Nevertheless, I'm trying to think about the general subject. When I thought about how to prevent this method from being optimized, I thought I may assertTrue(new MyObject().toString() != null), but this is very dependent on the actual implementation of the toString() method, and even then, the JIT can determine that toString() method always returns a non-null string (e.g. if actually Object.toString() is being called), and thus optimize the whole branch. So this way wouldn't work.
I know that in C# I can use [MethodImpl(MethodImplOptions.NoOptimization)], but this is not what I'm actually looking for. I'm hoping to find a (language-independent) way of making sure that some specific part(s) of my code will actually run as I expect, without the JIT interfering in this process.
Additionally, are there any typical optimization cases I should be aware of when creating my unit tests?
Thanks a lot!
Don't worry about it. It's not allowed to ever optimize anything that can make a difference to your system (except for speed). If you new an object, code gets called, memory gets allocated, it HAS to work.

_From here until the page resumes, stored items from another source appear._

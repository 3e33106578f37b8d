-- ===== src/BTree/Split/Children.antt =====
-- What `split` of BTree.c gathers of a full inner node, and the copies from one array to another.
use gaveta.Base.{
  ℕ, zero, suc, ◌+◌, ◌≤◌, ◌<◌, ◌≡◌, refl, sym, ◌∙◌, ap, ap₂, subst, false, some, List, [], ◌∷◌,
  ◌++◌, append_assoc, append-nil, arith, length, length-append, length-replicate, take, drop,
  replicate, get_elem?, ok, ◌>>=◌,
}
use gaveta.BTree.{Key, BTreeNode, put_elem, copy_up}
use gaveta.BTree.Shift.{put_elem-append}
use gaveta.BTree.Search.{Holds, Ascending}
use gaveta.BTree.Insert.{HoldsChildren}
use gaveta.BTree.Split.{zero_key, no_child, add_child, gather}
use gaveta.BTree.Balance.{copy_up-copied}
use gaveta.BTree.Split.Slide.{slide-children, Ascending-below, Ascending-above}

module _ {A : Type 0} where
  -- A list around its element at an index.
  pub around :
      (n : ℕ) (xs : List A)
      → n < length xs
      → (x : A) × (xs ≡ take n xs ++ x ∷ drop (n + 1) xs) × (get_elem? xs n ≡ some x)
  around n [] l = absurd (omega arith)
  around zero (x ∷ xs) l = (x, refl, refl)
  around (suc n) (x ∷ xs) l =
      let (y, is, at) = around n xs (omega arith) in
      let e : suc n + 1 ≡ suc (n + 1) = omega arith in
      (y, ap (λ t. x ∷ t) is ∙ ap (λ m. x ∷ (take n xs ++ y ∷ drop m (x ∷ xs))) (sym e), at)

  pub take-drop : (n : ℕ) (xs : List A) → take n xs ++ drop n xs ≡ xs
  take-drop zero xs = refl
  take-drop (suc n) [] = refl
  take-drop (suc n) (x ∷ xs) = ap (λ t. x ∷ t) (take-drop n xs)

  -- The first `n` cells of an array are copied to the front of another.
  pub copied-front :
      (n : ℕ) {arr : List A} (xs behind room : List A)
      → arr ≡ xs ++ behind
      → length xs ≡ n
      → n ≤ length room
      → (rest : List A) × (copy_up n 0 0 arr room ≡ ok (xs ++ rest))
        × (n + length rest ≡ length room)
  copied-front n xs behind room is len fits =
      let (rest, run, size) = copy_up-copied [] xs behind [] room (omega (arith, len, fits)) in
      (rest, ap₂ (λ m t. copy_up m 0 0 t room) (sym len) is ∙ run, omega (arith, size, len))

  pub one-more : (rest : List A) → 0 < length rest → (x : A) × (xs : List A) × (rest ≡ x ∷ xs)
  one-more [] l = absurd (omega arith)
  one-more (x ∷ xs) l = (x, xs, refl)

  one-more' : (rest : List A) → length rest ≡ 1 → (x : A) × (rest ≡ x ∷ [])
  one-more' [] e = absurd (omega (arith, e))
  one-more' (x ∷ []) e = (x, refl)
  one-more' (x ∷ y ∷ xs) e = absurd (omega (arith, e))

  no-cell : (rest : List A) → length rest ≡ 0 → rest ≡ []
  no-cell [] e = refl
  no-cell (x ∷ xs) e = absurd (omega (arith, e))

  -- A write over the first cell behind a prefix.
  over :
      (pre : List A) (v x : A) (post : List A) (n : ℕ)
      → length pre ≡ n
      → put_elem (pre ++ v ∷ (post ++ [])) n x ≡ ok (pre ++ x ∷ post)
  over pre v x post n len =
      let here : length pre + 0 ≡ n = omega (arith, len) in
      subst (λ j. put_elem (pre ++ v ∷ (post ++ [])) j x ≡ ok (pre ++ x ∷ (post ++ []))) here
        (put_elem-append pre (v ∷ (post ++ [])) 0 x (omega arith))
      ∙ ap (λ t. ok (pre ++ x ∷ t)) (append-nil post)

  -- An array one cell longer than its contents takes these, with a cell left.
  pub front-and-one :
      (n : ℕ) {arr : List A} (pre post behind room : List A)
      → arr ≡ (pre ++ post) ++ behind
      → length (pre ++ post) ≡ n
      → length room ≡ n + 1
      → (r : A) × (copy_up n 0 0 arr room ≡ ok (pre ++ (post ++ r ∷ [])))
  front-and-one n pre post behind room is len size =
      let (rest, copy, left) =
        copied-front n (pre ++ post) behind room is len (omega (arith, size)) in
      let (r, one) = one-more' rest (omega (arith, left, size)) in
      (r, copy ∙ ap (λ t. ok t) (ap (λ t. (pre ++ post) ++ t) one ∙ append_assoc pre post (r ∷ [])))

  -- An array of the same length takes the contents and the cell behind them.
  front-and-next :
      (n : ℕ) {arr : List A} (pre post : List A) (g : A) (behind room : List A)
      → arr ≡ (pre ++ post) ++ g ∷ behind
      → length (pre ++ post) ≡ n
      → length room ≡ n + 1
      → copy_up (n + 1) 0 0 arr room ≡ ok (pre ++ (post ++ g ∷ []))
  front-and-next n pre post g behind room is len size =
      let front = is ∙ sym (append_assoc (pre ++ post) (g ∷ []) behind) in
      let longer : length ((pre ++ post) ++ g ∷ []) ≡ n + 1 =
        omega (arith, length-append (pre ++ post) (g ∷ []), len) in
      let (rest, copy, left) =
        copied-front (n + 1) ((pre ++ post) ++ g ∷ []) behind room front longer
          (omega (arith, size)) in
      let none_left = no-cell rest (omega (arith, left, size)) in
      copy
      ∙ ap (λ t. ok (((pre ++ post) ++ g ∷ []) ++ t)) none_left
      ∙ ap (λ t. ok t) (append-nil ((pre ++ post) ++ g ∷ []) ∙ append_assoc pre post (g ∷ []))

-- Of a full inner node, `temp_keys` and `temp_children` become its keys and children with the new ones
-- in their places.
pub gather-children :
    {p : BTreeNode} (order : ℕ) (pre post : List Key) (cpre cpost : List ℕ) (rrn : ℕ) (k : Key)
    → Holds p (pre ++ post)
    → HoldsChildren p (cpre ++ cpost)
    → Ascending (pre ++ k ∷ post)
    → length cpre ≡ length pre + 1
    → length cpost ≡ length post
    → p.leaf ≡ false
    → p.keys_num + 1 ≡ order
    → order < length p.children
    → gather order p (some rrn) k ≡ ok (pre ++ k ∷ post, cpre ++ rrn ∷ cpost)
unfolding gather add_child
gather-children {p} order pre post cpre cpost rrn k holds holds_cs asc clen csize inner full room =
    let zeros : List Key = replicate order zero_key in
    let kids : List ℕ = replicate (order + 1) no_child in
    let n : length pre + length post ≡ p.keys_num = sym (length-append pre post) ∙ holds.count in
    let cn : p.child_num ≡ order =
      omega (arith, length-append cpre cpost, holds_cs.count, n, clen, csize, full) in
    let (r, copy) =
      front-and-one p.keys_num pre post holds.spare zeros holds.cells holds.count
        (omega (arith, full, length-replicate order zero_key)) in
    let cells : length p.children ≡ order + length holds_cs.spare =
      ap (λ t. length t) holds_cs.cells
      ∙ omega (arith, length-append (cpre ++ cpost) holds_cs.spare, holds_cs.count, cn) in
    let (g, behind, spare_is) = one-more holds_cs.spare (omega (arith, cells, room)) in
    let ccopy =
      front-and-next p.child_num cpre cpost g behind kids
        (holds_cs.cells ∙ ap (λ t. (cpre ++ cpost) ++ t) spare_is) holds_cs.count
        (omega (arith, cn, length-replicate (order + 1) no_child)) in
    let (v, w, slid) =
      slide-children p.keys_num (length post) k.id pre post r [] cpre cpost g [] n refl clen csize
        (Ascending-below pre k post asc) (Ascending-above pre k post asc) in
    rw (
      gather,
      copy,
      inner,
      ccopy,
      slid,
      over pre v k post (length pre) refl,
      over cpre w rrn cpost (length pre + 1) clen,
      ◌>>=◌,
    )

If you had it protected by an if(false), where false is a final, it could be optimized out of the system completely, then it could detect that the method doesn't do anything and optimize IT out (in theory).

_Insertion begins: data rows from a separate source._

-- ===== src/BTree/Split/Full.antt =====
-- What `split` of BTree.c gathers of a full inner node, whatever the room of its array of children.
use gaveta.Base.{
  ℕ, zero, suc, ◌+◌, ◌≤◌, ◌<◌, ◌≡◌, refl, sym, ◌∙◌, false, some, List, ◌∷◌, ltb, ◌++◌, arith,
  length, length-append, length-replicate, replicate, get_elem?, get_elem?-none, ok, fault, ◌>>=◌,
  if◌then◌else◌, Bool-cases, Option-cases, inl, inr, set, ltb→lt, not_ltb→le,
}
use gaveta.BTree.{Key, BTreeNode, put_elem, copy_up}
use gaveta.BTree.Search.{Holds, Ascending}
use gaveta.BTree.Insert.{HoldsChildren}
use gaveta.BTree.Split.{zero_key, no_child, gather}
use gaveta.BTree.Split.Children.{front-and-one, gather-children}

-- A copy from more cells than the array has.
copy_up-fault :
    {A : Type 0} (count i base : ℕ) (from to : List A)
    → i ≤ length from
    → length from < i + count
    → copy_up count i base from to ≡ fault
unfolding copy_up put_elem
copy_up-fault zero i base from to within beyond = absurd (omega arith)
copy_up-fault {A = A} (suc c) i base from to within beyond =
    elim (Option-cases (get_elem? from i)) [
      | inl out ↦ rw (copy_up, out) refl
      | inr (x, cell) ↦
          let more : i < length from = within_array i x cell in
          elim (Bool-cases (ltb (base + i) (length to))) [
            | inl room ↦
                rw (copy_up, put_elem, cell, room, ◌>>=◌)
                  (copy_up-fault c (i + 1) base from (set to (base + i) x) (omega arith)
                    (omega arith))
            | inr full ↦ rw (copy_up, put_elem, cell, full, ◌>>=◌) refl
          ]
    ]
  where
    within_array : (i : ℕ) (x : A) → get_elem? from i ≡ some x → i < length from
    within_array i x cell = elim (Bool-cases (ltb i (length from))) [
      | inl more ↦ ltb→lt i (length from) more
      | inr end ↦
          absurd (let e = sym (get_elem?-none from i (not_ltb→le i (length from) end)) ∙ cell in cc)
    ]

-- Of a full inner node, with one key less than the order, `temp_keys` and `temp_children` become its keys and children with the new key
-- and the child behind it in their places. The loop over the children reads one cell more than there are
-- children, `children[child_num]`: where the array of children ends with them, it reads beyond it. The
-- keys ascend with the new one among them, the child that is given is the one to the right of the new
-- key, and the node has one child more than keys.
pub gather-full :
    {p : BTreeNode} (order : ℕ) (pre post : List Key) (cpre cpost : List ℕ) (rrn : ℕ) (k : Key)
    → Holds p (pre ++ post)
    → HoldsChildren p (cpre ++ cpost)
    → Ascending (pre ++ k ∷ post)
    → length cpre ≡ length pre + 1
    → length cpost ≡ length post
    → p.leaf ≡ false
    → p.keys_num + 1 ≡ order
    → gather order p (some rrn) k ≡ (
        if ltb p.child_num (length p.children)
        then ok (pre ++ k ∷ post, cpre ++ rrn ∷ cpost)
        else fault)
unfolding gather
gather-full {p} order pre post cpre cpost rrn k holds holds_cs asc clen csize inner full =
    let n : length pre + length post ≡ p.keys_num = sym (length-append pre post) ∙ holds.count in
    let cn : p.child_num ≡ order =
      omega (arith, length-append cpre cpost, holds_cs.count, n, clen, csize, full) in
    elim (Bool-cases (ltb p.child_num (length p.children))) [
      | inl room ↦ rw room (
          gather-children order pre post cpre cpost rrn k holds holds_cs asc clen csize inner full
            (omega (arith, cn, ltb→lt p.child_num (length p.children) room)))
      | inr out ↦
          let (r, copy) =
            front-and-one p.keys_num pre post holds.spare (replicate order zero_key) holds.cells
              holds.count (omega (arith, full, length-replicate order zero_key)) in
          let beyond =
            copy_up-fault (p.child_num + 1) 0 0 p.children (replicate (order + 1) no_child)
              (omega arith) (omega (arith, not_ltb→le p.child_num (length p.children) out)) in
          rw out (rw (gather, copy, inner, beyond, ◌>>=◌) refl)
    ]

Edit: by the way, it can also be smart enough to determine that this method:
newIfTrue(boolean b) {
if(b)
new ThisClass();
}
will always do nothing if b is false, and eventually figure out that at one point in your code B is always false and compile this routine out of that code completely.
This is where the JIT can do stuff that's virtually impossible in any non-managed language.

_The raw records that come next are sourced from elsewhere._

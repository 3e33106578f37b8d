-- ===== src/BTree/Split/Halves.antt =====
-- The second half of `split` of BTree.c, on a full leaf: two leaves and a promoted key. The new node is one
-- with room for its keys, which the program's own `alloc_btree_node` never makes.
use gaveta.Base.{
  ℕ, zero, suc, ◌+◌, ◌-◌, ◌/◌, ◌%◌, ◌^◌, ◌≤◌, ◌<◌, ◌≡◌, ◌≢◌, refl, sym, ◌∙◌, ap, ap₂, Bool, true,
  false, Option, some, List, [], ◌∷◌, ◌++◌, append-nil, arith, ◌==◌, if◌then◌else◌, length,
  length-append, length-take, length-drop, take, drop, get_elem?, inl, inr, ok, ◌>>=◌,
}
use gaveta.BTree.{Key, BTreeNode, strcmp, copy_up}
use gaveta.BTree.Search.{Holds, Ascending, has_key, Ordering-cases}
use gaveta.BTree.Insert.{insert_key, insert_key-Ascending}
use gaveta.BTree.Split.{promotion, no_child, split_leaf_at, split_leaf, split}
use gaveta.BTree.Split.Gather.{copied, gathered}

length-insert_key : (k : Key) (ks : List Key) → length (insert_key k ks) ≡ length ks + 1
unfolding insert_key
length-insert_key k [] = refl
length-insert_key k (l ∷ ks) = elim (Ordering-cases (strcmp l.id k.id)) [
  | inl e ↦ rw e (omega (arith, length-insert_key k ks))
  | inr (inl e) ↦ rw e (omega arith)
  | inr (inr e) ↦ rw e (omega arith)
]

take-drop : (n : ℕ) (xs : List Key) → take n xs ++ drop n xs ≡ xs
take-drop zero xs = refl
take-drop (suc n) [] = refl
take-drop (suc n) (x ∷ xs) = ap (λ t. x ∷ t) (take-drop n xs)

first-key :
    (rs rest : List Key)
    → 0 < length rs
    → (k : Key) × (get_elem? (rs ++ rest) 0 ≡ some k) × (get_elem? rs 0 ≡ some k)
first-key [] rest l = absurd (omega arith)
first-key (k ∷ rs) rest l = (k, refl, refl)

-- The two leaves of a split hold the keys `all` of both.
pub record Halves (order : ℕ) (p new : BTreeNode) (all : List Key) (q right : BTreeNode)
    (promo : Key) : Type 0 where
  pub ls : List Key
  pub rs : List Key
  pub left_keys : Holds q ls
  pub right_keys : Holds right rs
  pub together : ls ++ rs ≡ all
  pub middle : length ls ≡ (order - 1) / 2 + 1
  pub promoted : get_elem? rs 0 ≡ some promo
  pub left_next : q.next_leaf ≡ new.rrn
  pub right_next : right.next_leaf ≡ p.next_leaf
  pub right_size : length ls + length rs ≡ order
  pub left_rrn : q.rrn ≡ p.rrn
  pub right_rrn : right.rrn ≡ new.rrn
  pub left_leaf : q.leaf ≡ p.leaf
  pub right_leaf : right.leaf ≡ true
  pub left_cells : length q.keys ≡ length p.keys
  pub right_cells : length right.keys ≡ length new.keys
  pub left_children : q.children ≡ p.children
  pub right_children : right.children ≡ new.children

split_leaf_at-run :
    (p new : BTreeNode) (middle kept moved : ℕ) (all left right : List Key) (k : Key)
    → copy_up kept 0 0 all p.keys ≡ ok left
    → copy_up moved 0 0 (drop (middle + 1) all) new.keys ≡ ok right
    → get_elem? right 0 ≡ some k
    → split_leaf_at middle kept moved p new all
      ≡ ok (
          promotion
            (record p { keys = left; keys_num = kept; next_leaf = new.rrn })
            (record new { keys = right; keys_num = moved; next_leaf = p.next_leaf; leaf = true })
            k)
unfolding split_leaf_at
split_leaf_at-run p new middle kept moved all left right k copy copy' at =
    rw (split_leaf_at, copy, ◌>>=◌, copy', at)

if-true : {A : Type 0} (b : Bool) (x y : A) → b ≡ true → (if b then x else y) ≡ x
if-true b x y e = rw e refl

split_leaf-Halves :
    (p new : BTreeNode) (order : ℕ) (all : List Key)
    → length all ≡ order
    → 2 ≤ order
    → order < 256
    → order ≤ length p.keys + 1
    → order ≤ length new.keys
    → (q right : BTreeNode) × (promo : Key) × (split_leaf order p new all
        ≡ ok (promotion q right promo))
      × Halves order p new all q right promo
unfolding split_leaf
split_leaf-Halves p new order all len two byte room room_new =
    let m : ℕ = (order - 1) / 2 in
    let ls : List Key = take (m + 1) all in
    let rs : List Key = drop (m + 1) all in
    let both : ls ++ rs ≡ all = take-drop (m + 1) all in
    let small : m + 1 ≤ order - 1 = omega (arith, two) in
    let ll : length ls ≡ m + 1 = omega (arith, length-take (m + 1) all, len, small) in
    let lr : length rs ≡ order - (m + 1) = omega (arith, length-drop (m + 1) all, len) in
    let (rest, copy, size) = copied ls rs p.keys (omega (arith, ll, small, room)) in
    let (rest', copy', size') = copied rs [] new.keys (omega (arith, lr, room_new)) in
    let (promo, at, first) = first-key rs rest' (omega (arith, lr, small)) in
    let kept : (m + 1) % 2 ^ 8 ≡ m + 1 = omega (arith, small, byte) in
    let moved : (order - (m + 1)) % 2 ^ 8 ≡ order - (m + 1) = omega (arith, byte) in
    let left : copy_up (m + 1) 0 0 all p.keys ≡ ok (ls ++ rest) =
      ap₂ (λ n t. copy_up n 0 0 t p.keys) (sym ll) (sym both) ∙ copy in
    let right : copy_up (order - (m + 1)) 0 0 rs new.keys ≡ ok (rs ++ rest') =
      ap₂ (λ n t. copy_up n 0 0 t new.keys) (sym lr) (sym (append-nil rs)) ∙ copy' in
    (
      record p { keys = ls ++ rest; keys_num = m + 1; next_leaf = new.rrn },
      record new {
        keys = rs ++ rest';
        keys_num = order - (m + 1);
        next_leaf = p.next_leaf;
        leaf = true;
      },
      promo,
      ap₂ (λ k n. split_leaf_at m k n p new all) kept moved
          ∙ split_leaf_at-run p new m (m + 1) (order - (m + 1)) all (ls ++ rest) (rs ++ rest') promo
              left right at,
      record {
        ls = ls;
        rs = rs;
        left_keys = record { spare = rest; cells = refl; count = ll };
        right_keys = record { spare = rest'; cells = refl; count = lr };
        together = both;
        middle = ll;
        promoted = first;
        left_next = refl;
        right_next = refl;
        right_size = omega (arith, ll, lr, small);
        left_rrn = refl;
        right_rrn = refl;
        left_leaf = refl;
        right_leaf = refl;
        left_cells = omega (arith, length-append ls rest, size);
        right_cells = omega (arith, length-append rs rest', size');
        left_children = refl;
        right_children = refl;
      },
    )

-- On a full leaf of ascending keys, with a key that is neither empty nor there, and a new node with
-- `order` cells and a record number, `split` leaves all keys and the new one in order in two leaves,
-- `(order - 1) / 2 + 1` of them in the old one. It promotes the first key of the new leaf, which comes
-- behind the old one in the chain of leaves. The order is from 2 to 255.
pub split-Halves :
    {p new : BTreeNode} {ks : List Key} (order : ℕ) (r_child : Option ℕ) (k : Key)
    → Holds p ks
    → Ascending ks
    → p.leaf ≡ true
    → p.keys_num + 1 ≡ order
    → 2 ≤ order
    → order < 256
    → order ≤ length new.keys
    → new.rrn ≢ no_child
    → k.id ≢ []
    → has_key k.id ks ≡ false
    → (q right : BTreeNode) × (promo : Key) × (split order p r_child k (some new)
        ≡ ok (promotion q right promo))
      × Halves order p new (insert_key k ks) q right promo
      × Ascending (insert_key k ks)
unfolding split
split-Halves {p} {new} {ks} order r_child k holds asc leaf full two byte room rrn some_id fresh =
    let cells : length p.keys ≡ length ks + length holds.spare =
      ap (λ t. length t) holds.cells ∙ length-append ks holds.spare in
    let (q, right, promo, run, halves) =
      split_leaf-Halves p new order (insert_key k ks)
        (omega (arith, length-insert_key k ks, holds.count, full)) two byte
        (omega (arith, cells, holds.count, full)) room in
    let named : (new.rrn == no_child) ≡ false = ground (arith, rrn) in
    (
      q,
      right,
      promo,
      rw (gathered order r_child k holds asc leaf full fresh, ◌>>=◌, named)
          (if-true p.leaf _ _ leaf ∙ run),
      halves,
      insert_key-Ascending k ks some_id fresh asc,
    )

I think if you are worried about it getting optimized away, you may be doing a bit of testing overkill.
In a static language, I tend to think of the compiler as a test. If it passes compilation, that means that certain things are there (like methods). If you don't have another test that exercises your default constructor (which will prove it wont throw exceptions), you may want to think about why you are writing that default constructor in the first place (YAGNI and all that).
I know there are people that don't agree with me, but I feel like this sort of thing is just something that will bloat out your number of tests for no useful reason, even looking at it through TDD goggles.
Think about it this way:
Lets assume that compiler can determine that the call graph doesn't have any side effects(I don't think it is possible, I vaguely remember something about P=NP from my CS courses). It will optimize any method that doesn't have side effects. Since most tests don't have and shouldn't have any side effects then compiler can optimize them all away.
The JIT is only allowed to perform operations that do not affect the guaranteed semantics of the language. Theoretically, it could remove the allocation and call to the MyObject constructor if it can guarantee that the call has no side effects and can never throw an exception (not counting OutOfMemoryError).
In other words, if the JIT optimizes the call out of your test, then your test would have passed anyway.
PS: Note that this applies because you are doing functionality testing as opposed to performance testing. In performance testing, it's important to make sure the JIT does not optimize away the operation you are measuring, else your results become useless.
It seems that in C# I could do this:
[Test]
public void testDefaultConstructor() {
GC.KeepAlive(new MyObject());
}
AFAIU, the GC.KeepAlive method will not be inlined by the JIT, so the code will be guaranteed to work as expected. However, I don't know a similar construct in Java.
Every I/O is a side effect, so you can just put
Object obj = new MyObject();
System.out.println(obj.toString());
and you're fine.
Why should it matter? If the compiler/JIT can statically determine no asserts are going to be hit (which could cause side effects), then you're fine.